The effect of dissolved oxygen on shrimp harvest (accumulated oxygen index, Table 3) was negative and significant for both the Neuse River and the Pamlico Sound models. For the Neuse River model, the coefficient was −0.01343, which means that 1 d of hypoxia leads to a decrease of 1.343% of the total shrimp harvest in the Neuse River for each of the following 60 d. Similarly, for Pamlico Sound 1 d of hypoxia leads to a decrease in harvest of 1.01% for each of the following 60 d. Using these marginal effects, we then can measure the total annual hypoxia effects.
If we compare the observed pattern of hypoxia in the Neuse River to a system with no hypoxia, then the 1999–2005 total decrease in harvest attributable to hypoxia is 46,605 kg or 12.87% of the total harvest over the 7-year period (Table 4). We multiplied the harvested weight of shrimp by the weighted average daily price over different shrimp sizes (calculated by dividing the total shrimp value [US$] on day t by the total shrimp catch [lb] on the same day) to estimate the annual decrease in revenue to the shrimp fishery due to hypoxia. We estimate a decrease of about US$32,000, which is 13.08% of the average Neuse River revenue over the 7-year period (all the economic values in this paper were converted to 1999 U.S. dollars using the consumer price index for all urban consumers). We assume the quantity changes do not affect price because North Carolina shrimp harvest constitutes a very small percentage (roughly 0.63%) of a large global market (FAO 2007). Similarly, for the Pamlico Sound there is a decrease of 12.9% of the total catch due to hypoxia, which translates into a value of $1,240,000 or 13.43% of the average revenue from 1999 to 2005.
Robustness of Findings
The results from our differenced bioeconomic model suggest that hypoxia can have substantial economic consequences for the North Carolina brown shrimp fishery. In this section, we address the robustness of our findings by varying the lag length in the differenced bioeconomic model, which determines the time over which hypoxia effects are accumulated. To check how sensitive our 60-d differenced model results are to the hypoxia avoidance threshold (<2 mg/L), we ran models with different hypoxia thresholds. We then developed and analyzed two different model types, a nondifferenced model and a polynomial distributed lag model.
Differenced model with different day lags
The previous results show that there is a significant effect of hypoxia on shrimp harvest in the Neuse River and the Pamlico Sound when environmental effects are accumulated over 60 d. Figure 2 reports the results from the same model but with the number of lagged days set from 30 to 100 d. There were statistically significant effects of hypoxia on shrimp harvest in the Neuse River for all but the 50-d lag. The coefficients for the hypoxia effect on shrimp harvest are all negative, suggesting a trend in the Neuse River toward decreased shrimp harvest with increasing severity of hypoxia. Similarly, there were significant negative effects of hypoxia on shrimp harvest in Pamlico Sound at all lags except for 80 d. The reduction in harvest in the Neuse River based on parameter estimates from models with different lags varied from 9.23% to 14.92%, which is of similar magnitude to that at 60-d lag (12.87%). For the Pamlico Sound model, the reduction in harvest ranged from 9.21% to 13.41%, which again was similar to that at 60-d lag (12.90%). Therefore, hypoxia effects on shrimp harvest are robust to variation in the duration over which these effects are accumulated in the model.
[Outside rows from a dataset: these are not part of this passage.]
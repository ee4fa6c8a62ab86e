-- ===== src/Tests.antt =====
-- The theorems at concrete inputs.
mod Platform
mod Cluster
mod Failover
mod Controller
mod Exchange
mod Ending
mod Profiles
mod Configuration
mod ProviderConfiguration
mod Intruder
mod FaultDrills
mod RpcDrills
mod FaultStartup
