-- ===== src/Tests/Platform.antt =====
-- A Docker host and its services for runs of failover-provider/provider.py: five containers, two
-- failed witnesses, a standby that has replayed the primary's position, and a clock that only sleeping
-- moves.
use zkdeal_cloud_deployer_in.Base.{
  Bool, List, String, [], arith, false, if◌then◌else◌, none, some, true, ℕ, ◌*◌, ◌+◌, ◌==◌, ◌∷◌,
  ◌≤◌,
}
use zkdeal_cloud_deployer_in.Base.Json.{Fields, bool, dict, end, num, obj, str}
use zkdeal_cloud_deployer_in.Provider.Model.{
  Completed, Event, History, Reply, Surroundings, World, answered, err, fetched, finished,
  looked_at_clock, looked_at_date, promote, ran, resolved, saved, slept, start, stop, unreachable,
  value_error,
}
use zkdeal_cloud_deployer_in.Provider.Probes.{Config}
use zkdeal_cloud_deployer_in.Provider.Docker

abbrev pub host_settings : Docker.Settings
host_settings = record {
  project = "cloud";
  network = "cloud-net";
  active_service = "active";
  standby_service = "standby";
  primary_db_service = "primary-db";
  standby_db_service = "standby-db";
  signer_service = "signer";
  database_alias = "database";
  application_alias = "application";
  pg_user = "app";
  pg_database = "app";
  pg_data = "/data";
}

abbrev pub host_config : Config
host_config = record {
  platform = "docker";
  active_health_urls = "http://w1" ∷ "http://w2" ∷ [];
  standby_health_url = "http://standby";
  indexer_freshness_url = "http://indexer";
  signer_authority_health_urls = "http://signer" ∷ [];
  active_coordinator_id = "node-a";
  standby_coordinator_id = "node-b";
  provider_token = "provider-token";
  approval_token = "approval-token";
  platform_timeout_seconds = 3;
}

-- The last start or stop of a container; at the beginning all but the signer run.
abbrev is_up : History → String → Bool
is_up [] c = if c == "eeeeeeeeeeee" then false else true
is_up (ran (stop d) ∷ h) c = let before = is_up h c in if c == d then false else before
is_up (ran (start d) ∷ h) c = let before = is_up h c in if c == d then true else before
is_up (e ∷ h) c = is_up h c

abbrev was_promoted : History → Bool
was_promoted [] = false
was_promoted (ran (promote c) ∷ h) = true
was_promoted (e ∷ h) = was_promoted h

abbrev container_of : String → String
container_of filter =
    if filter == "label=com.docker.compose.service=active"
    then "aaaaaaaaaaaa"
    else if filter == "label=com.docker.compose.service=standby"
    then "bbbbbbbbbbbb"
    else if filter == "label=com.docker.compose.service=primary-db"
    then "cccccccccccc"
    else if filter == "label=com.docker.compose.service=standby-db"
    then "dddddddddddd"
    else "eeeeeeeeeeee"

abbrev answer_query : History → String → String
answer_query h query =
    if query == Docker.in_recovery
    then (if was_promoted h then "f" else "t")
    else if query == Docker.flush_lsn
    then "0/10"
    else if query == Docker.replay_lsn
    then "0/20"
    else "1"

abbrev host_run : History → List String → Completed
host_run h (docker ∷ verb ∷ a ∷ b ∷ c ∷ []) = finished true (if is_up h c then "true" else "false")
host_run h (docker ∷ verb ∷ a ∷ b ∷ c ∷ d ∷ service ∷ []) = finished true (container_of service)
host_run h (docker ∷ verb ∷ a ∷ b ∷ c ∷ d ∷ e ∷ f ∷ g ∷ i ∷ j ∷ query ∷ []) =
    finished true (answer_query h query)
host_run h other = finished true ""

abbrev host_reply : String → Reply
host_reply url =
    if url == "http://standby"
    then answered 200 100 (
        some (
          obj (
            dict (
              ("coordinatorId", str "node-b")
              ∷ ("configuredRole", str "standby")
              ∷ ("effectiveRole", str "standby")
              ∷ ("acceptingWrites", bool false)
              ∷ []))))
    else if url == "http://indexer"
    then answered 200 100 (
        some (
          obj
            (dict (("indexerHeadMatchesL1", bool true) ∷ ("unresolvedSafetyEvents", num 0) ∷ []))))
    else if url == "http://signer"
    then answered 200 2 (some (obj end))
    else unreachable

abbrev pub count_pauses : History → ℕ
count_pauses [] = 0
count_pauses (slept ∷ h) = let before = count_pauses h in before + 1
count_pauses (e ∷ h) = count_pauses h

abbrev pub host : Surroundings
host = record {
  run = host_run;
  open_url = λ h url. host_reply url;
  resolve = λ h url. some (url ∷ []);
  monotonic = λ h. 1000 * count_pauses h;
  wall = λ h. 1_700_000_000_000;
  splitlines = λ text. text ∷ [];
  parse_json = λ text. none;
  dumps = λ fields. "{}";
  int_of = λ value. err value_error;
  sha256 = λ text. text;
  canonical_hash = λ fields. "hash";
}

abbrev pub prepare_body : Fields
prepare_body = dict (
    ("candidateId", str "candidate-1")
    ∷ ("activeCoordinatorId", str "node-a")
    ∷ ("standbyCoordinatorId", str "node-b")
    ∷ ("failedWitnessCount", num 2)
    ∷ [])

abbrev pub empty_world : World
empty_world = record { operations = []; history = [] }

pub pauses_grow : (h : History) (e : Event) → 1000 * count_pauses h ≤ 1000 * count_pauses (e ∷ h)
pauses_grow h slept = omega arith
pauses_grow h (ran command) = omega arith
pauses_grow h (fetched url) = omega arith
pauses_grow h (resolved url) = omega arith
pauses_grow h looked_at_clock = omega arith
pauses_grow h looked_at_date = omega arith
pauses_grow h (saved operations) = omega arith

pub pause_lasts : (h : History) → 1000 * count_pauses h + 1000 ≤ 1000 * count_pauses (slept ∷ h)
pause_lasts h = omega arith
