-- ===== src/Tests/Cluster.antt =====
-- A Kubernetes cluster for runs of failover-provider/provider.py: every workload has the replicas that
-- it was last scaled to, and its services have the standby's selector.
use zkdeal_cloud_deployer_in.Base.{
  Bool, List, String, [], false, if◌then◌else◌, nat_eq, some, true, ℕ, ◌==◌, ◌∷◌,
}
use zkdeal_cloud_deployer_in.Base.Json.{Fields, Json, dict, int, num, obj, str, ℤ}
use zkdeal_cloud_deployer_in.Provider.Model.{
  Completed, History, Result, Surroundings, err, finished, kube_promote, ok, ran, scale,
  value_error,
}
use zkdeal_cloud_deployer_in.Tests.Platform.{host}
use zkdeal_cloud_deployer_in.Provider.Docker
use zkdeal_cloud_deployer_in.Provider.Kubernetes

abbrev pub cluster_settings : Kubernetes.Settings
cluster_settings = record {
  namespace = "cloud";
  active_deployment = "active";
  standby_deployment = "standby";
  primary_db_pod = "primary-0";
  standby_db_pod = "standby-0";
  primary_db_statefulset = "primary";
  postgres_container = "postgres";
  database_service = "database";
  application_service = "application";
  signer_deployment = "signer";
  route_scope_label_key = "app";
  route_scope_label_value = "cloud";
  route_label_key = "node";
  standby_route_value = "standby";
  pg_user = "app";
  pg_database = "app";
  pg_data = "/data";
}

abbrev last_scale : History → ℕ
last_scale [] = 0
last_scale (ran (scale kind name replicas) ∷ h) = replicas
last_scale (e ∷ h) = last_scale h

abbrev was_promoted : History → Bool
was_promoted [] = false
was_promoted (ran (kube_promote pod) ∷ h) = true
was_promoted (e ∷ h) = was_promoted h

abbrev answer_query : History → String → String
answer_query h query =
    if query == Docker.in_recovery
    then (if was_promoted h then "f" else "t")
    else if query == Docker.flush_lsn
    then "0/10"
    else if query == Docker.replay_lsn
    then "0/20"
    else "1"

abbrev cluster_run : History → List String → Completed
cluster_run h
      (kubectl ∷ option ∷ namespace ∷ verb ∷ pod ∷ c ∷ container ∷ dashes ∷ program ∷ u ∷ user ∷ d
        ∷ database ∷ set ∷ stop_on ∷ tac ∷ query ∷ []) =
    finished true (answer_query h query)
cluster_run h other = finished true (if nat_eq (last_scale h) 0 then "stopped" else "running")

abbrev workload : ℕ → Fields
workload n = dict (
    ("status", obj (dict (("availableReplicas", num n) ∷ ("readyReplicas", num n) ∷ [])))
    ∷ (
      "spec",
      obj (
          dict (
            ("replicas", num 0)
            ∷ ("selector", obj (dict (("app", str "cloud") ∷ ("node", str "standby") ∷ [])))
            ∷ [])),
    )
    ∷ [])

abbrev pub integer : Json → Result ℤ
integer (int z) = ok z
integer other = err value_error

abbrev pub cluster : Surroundings
cluster = record {
  run = cluster_run;
  open_url = host.open_url;
  resolve = host.resolve;
  monotonic = host.monotonic;
  wall = host.wall;
  splitlines = host.splitlines;
  parse_json = λ text. some (obj (workload (if text == "stopped" then 0 else 1)));
  dumps = host.dumps;
  int_of = integer;
  sha256 = host.sha256;
  canonical_hash = host.canonical_hash;
}
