-- ===== src/Tests/Configuration.antt =====
-- scripts/promotion_controller.py: a configuration that is read from an environment.
use zkdeal_cloud_deployer_in.Base.{
  List, Option, String, [], false, if◌then◌else◌, none, refl, some, ◌==◌, ◌∷◌, ◌≡◌,
}
use zkdeal_cloud_deployer_in.Base.Text.{begins, codes, is_safe_id}
use zkdeal_cloud_deployer_in.Base.Json.{pos}
use zkdeal_cloud_deployer_in.Promotion.Settings.{
  Environment, Url, checked_url, checked_urls, demand, good, in_range, integer, long_enough,
  present, secret, secret_text, ◌>>=◌,
}
use zkdeal_cloud_deployer_in.Promotion.Settings.FromEnvironment.{
  from_environment, identities, read_id, read_witnesses,
}
use zkdeal_cloud_deployer_in.Promotion.Settings.Sound.{Sound, from_environment-Sound}
use zkdeal_cloud_deployer_in.Promotion.Model.{Config}

abbrev variables : List (String × String)
variables =
    ("ACTIVE_HEALTH_URLS", "https://w1/, https://w2")
    ∷ ("ACTIVE_COORDINATOR_ID", "coordinator-a")
    ∷ ("STANDBY_COORDINATOR_ID", "coordinator-b")
    ∷ ("PROMOTION_CANDIDATE_ID", "candidate-1")
    ∷ ("STANDBY_HEALTH_URL", "http://standby")
    ∷ ("FAILOVER_PROVIDER_URL", "https://provider/v1")
    ∷ ("PROMOTION_ENDPOINT", "http://owner")
    ∷ ("FAILOVER_PROVIDER_TOKEN", "provider-token-1")
    ∷ ("FAILOVER_APPROVAL_TOKEN_FILE", "/run/approval")
    ∷ ("PROMOTION_PRINCIPAL_TOKEN", "principal-token-1")
    ∷ ("MAX_MONITOR_CYCLES", "5")
    ∷ []

abbrev value_of : List (String × String) → String → Option String
value_of [] name = none
value_of ((other, value) ∷ rest) name = if other == name then some value else value_of rest name

abbrev split_url : String → Option Url
split_url value =
    let is_https = begins (codes "https:") (codes value) in
    some (record {
      scheme = if is_https then "https" else "http";
      hostname = some (if value == "https://w2" then "w2" else "w1");
      port = some none;
      has_credentials = false;
      has_fragment = false;
    })

abbrev surroundings : Environment
surroundings = record {
  variable = value_of variables;
  file = λ name. some " approval-token-1\n";
  int_of = λ raw. if raw == "5" then some (pos 5) else none;
  urlparse = split_url;
}

abbrev configured : Config
configured = record {
  active_health_urls = "https://w1" ∷ "https://w2" ∷ [];
  standby_health_url = "http://standby";
  failover_provider_url = "https://provider/v1";
  promotion_endpoint = "http://owner";
  active_coordinator_id = "coordinator-a";
  standby_coordinator_id = "coordinator-b";
  candidate_id = "candidate-1";
  provider_token = "provider-token-1";
  approval_token = "approval-token-1";
  principal_token = "principal-token-1";
  failure_threshold = 3;
  max_monitor_cycles = 5;
  max_rto_seconds = 300;
  max_checkpoint_age_seconds = 30;
  armed = false;
}

environment_is_read : from_environment surroundings ≡ good configured
unfolding from_environment read_witnesses read_id checked_urls checked_url identities secret
    secret_text long_enough integer in_range present demand ◌>>=◌ is_safe_id
environment_is_read = refl

from_environment-Sound_example : Sound configured
from_environment-Sound_example = from_environment-Sound surroundings configured environment_is_read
Differenced model with different hypoxia thresholds
To check the robustness of the differenced model to the hypoxia threshold, we ran models for the Neuse River and Pamlico Sound using less than 1.5 mg/L and less than 2.5 mg/L as two alternative intolerable oxygen ranges, while keeping other assumptions the same as in the 60-d differenced model. We found that for the Neuse River model, the hypoxia effect was significant with the 1.5 mg/L threshold but not significant with 2.5 mg/L threshold. For the Pamlico Sound model, the hypoxia effects were significant for both ranges. The coefficients were similar in magnitude to those from the 60-d differenced model. The reduction in harvest was also similar. We estimated an 11.43% decrease in harvest in the Neuse River with the 1.5 mg/L threshold and a decrease in harvest in the Pamlico Sound of 11.41% with the 1.5 mg/L and 13.26% for the 2.5 mg/L thresholds.
Nondifferenced model
The differenced model (equation 11) allowed us to simplify the original model (equation 10) by omitting terms describing the shrimp growth and loss rate (mortality and emigration, which are not well known). If these biological parameters were known, then the nondifferenced version of the model (equation 10) could be fit. The advantage of the nondifferenced model is that we can use more detailed information on shrimp harvest that is specific to each trip j on day t instead of the average catch on each day. We developed a nondifferenced form of the model by using a natural mortality rate to represent shrimp loss. Thus, equation (10) can be rewritten as
Equation (12) is identical to equation (10) except that the catch (C), number of trip days (K), and vessel length (Len) are specific to each fishing trip. Natural mortality can then be modeled as a function of shrimp length, that is,
where L(t) is shrimp length (modeled by equation 3) at time t, and φ and ρ are parameters. The daily instantaneous natural mortality rate of shrimp (Δm0t) decreases as shrimp increase in body size (φ > 0 and ρ < 0). Estimates of φ and ρ in equation (13) are taken from Minello et al. (1989; Table 1). Figure 3 shows the temporal dynamics of shrimp biomass with no hypoxia, no harvest, and the dynamics driven by the natural mortality rate from equation (13) and weight dynamics (equation 4).The only remaining unknown parameter in the nondifferenced model (equation 12) is the migration rate m1t (for the Neuse model, migration rate is the rate of emigration from the Neuse River to the Pamlico Sound and, for the Pamlico model, from the Pamlico Sound to the ocean). Emigration rates of shrimp from estuarine systems are not well documented and are probably highly variable across species and ecosystems. Therefore, we fit the nondifferenced model assuming the migration rate was zero. Although this assumption will induce some unknown bias in the parameter estimates, the results are still useful for making qualitative comparisons of the magnitude of hypoxia effects on shrimp harvest between the nondifferenced and differenced models.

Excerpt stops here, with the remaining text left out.